## Data provided:
-- ===== src/Sent/Handlers.antt =====
-- The transactions of time-off/time-off.service.ts and the messages of each request.
use hcm.Prelude.{
  ◌≡◌, Bool, false, List, String, ◌==◌, any, arith, inl, inr, some, find, ℤ, Option-cases,
}
use hcm.Common.Enums.{RequestStatus, RequestAction, LedgerPhase}
use hcm.Common.StateMachine.{next_state}
use hcm.Common.Exec.{ok, transaction, transaction_keeps}
use hcm.Database.{TimeOffRequest, OutboxMessage, BalanceLedgerEntry, Db}
use hcm.Database.Orm.{Orm, standard}
use hcm.Database.Rows.{All-found}
use hcm.Balances.{release_reservation, add_reservation}
use hcm.Processor.{is_request, save_request}
use hcm.TimeOff.{reserve, reject, next_or}
use hcm.TimeOff.Reserve.{reserve-Reserved, submit_leads}
use hcm.Sent.{count, is_debit_of, is_credit_of, IsSentOnce, SentOnce}
use hcm.Sent.Tables.{IsSentOnce-saved, count-none, next_state-allowed}

-- A row with a status to which an action leads.
pub moved-IsSentOnce :
    (outbox : List OutboxMessage) (r : TimeOffRequest) (action : RequestAction) (to : RequestStatus)
    → next_state r.status action ≡ some to
    → IsSentOnce outbox r
    → IsSentOnce outbox (record r { status = to })
moved-IsSentOnce outbox r action to next once =
    let (d, c) = next_state-allowed r.status to action next in
    (omega (arith, d, once.0), omega (arith, c, once.1))

pub next_or-IsSentOnce :
    (outbox : List OutboxMessage) (r : TimeOffRequest) (action : RequestAction)
    → IsSentOnce outbox r
    → IsSentOnce outbox (record r { status = next_or r.status action })
next_or-IsSentOnce outbox r action once = elim (Option-cases (next_state r.status action)) [
  | inl stays ↦ let same : next_or r.status action ≡ r.status = ground arith in rw same once
  | inr (to, next) ↦
      let same : next_or r.status action ≡ to = ground arith in
      rw same (moved-IsSentOnce outbox r action to next once)
]

module _
    (totals : (BalanceLedgerEntry → Bool) → List BalanceLedgerEntry → List (LedgerPhase × ℤ)) where
  abbrev store : Orm
  store = standard totals

  pub create-SentOnce :
      (r : TimeOffRequest) (db : Db)
      → any (λ m. m.request_id == r.id) db.outbox ≡ false
      → SentOnce db
      → SentOnce (save_request store r db)
  unfolding save_request
  create-SentOnce r db fresh h =
      let owned = λ (m : OutboxMessage). m.request_id == r.id in
      let debits : count (is_debit_of r.id) db.outbox ≡ 0 =
        count-none (is_debit_of r.id) owned db.outbox (λ m other. ground (arith, other)) fresh in
      let credits : count (is_credit_of r.id) db.outbox ≡ 0 =
        count-none (is_credit_of r.id) owned db.outbox (λ m other. ground (arith, other)) fresh in
      IsSentOnce-saved db.outbox r db.requests (omega (arith, debits), omega (arith, credits)) h

  reserve-SentOnce :
      (uuid id : String) (db : Db) (r : TimeOffRequest) (db' : Db)
      → reserve store uuid id db ≡ (ok r, db')
      → SentOnce db
      → SentOnce db'
  unfolding save_request add_reservation
  reserve-SentOnce uuid id db r db' e h =
      let done = reserve-Reserved store uuid id db r db' e in
      let q = done.before in
      let once = All-found (IsSentOnce db.outbox) (is_request id) db.requests q done.found h in
      rw (done.written, done.returned)
        (IsSentOnce-saved db.outbox (record q { status = RequestStatus.pending_approval })
          db.requests
          (moved-IsSentOnce db.outbox q RequestAction.submit RequestStatus.pending_approval
            (submit_leads q.status done.legal) once)
          h)

  pub submit-SentOnce :
      (uuid id : String) (db : Db)
      → SentOnce db
      → SentOnce (transaction (reserve store uuid id) db).1
  submit-SentOnce uuid id db h =
      transaction_keeps SentOnce db (reserve store uuid id db) h
        (λ r db' e. reserve-SentOnce uuid id db r db' e h)

  pub reject-SentOnce : (id : String) (db : Db) → SentOnce db → SentOnce (reject store id db).1
  unfolding reject save_request release_reservation
  reject-SentOnce id db h = elim (Option-cases (find (is_request id) db.requests)) [
    | inl unknown ↦ ground (arith, h)
    | inr (r, found) ↦
        let once = All-found (IsSentOnce db.outbox) (is_request id) db.requests r found h in
        ground (
          arith,
          h,
          IsSentOnce-saved db.outbox (record r { status = next_or r.status RequestAction.reject })
              db.requests (next_or-IsSentOnce db.outbox r RequestAction.reject once) h,
        )
  ]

## Work to be completed:
Which lines above hold the string "ground"? Please copy all of them.

## Written response:
  | inl stays ↦ let same : next_or r.status action ≡ r.status = ground arith in rw same once
      let same : next_or r.status action ≡ to = ground arith in
        count-none (is_debit_of r.id) owned db.outbox (λ m other. ground (arith, other)) fresh in
        count-none (is_credit_of r.id) owned db.outbox (λ m other. ground (arith, other)) fresh in
    | inl unknown ↦ ground (arith, h)
        ground (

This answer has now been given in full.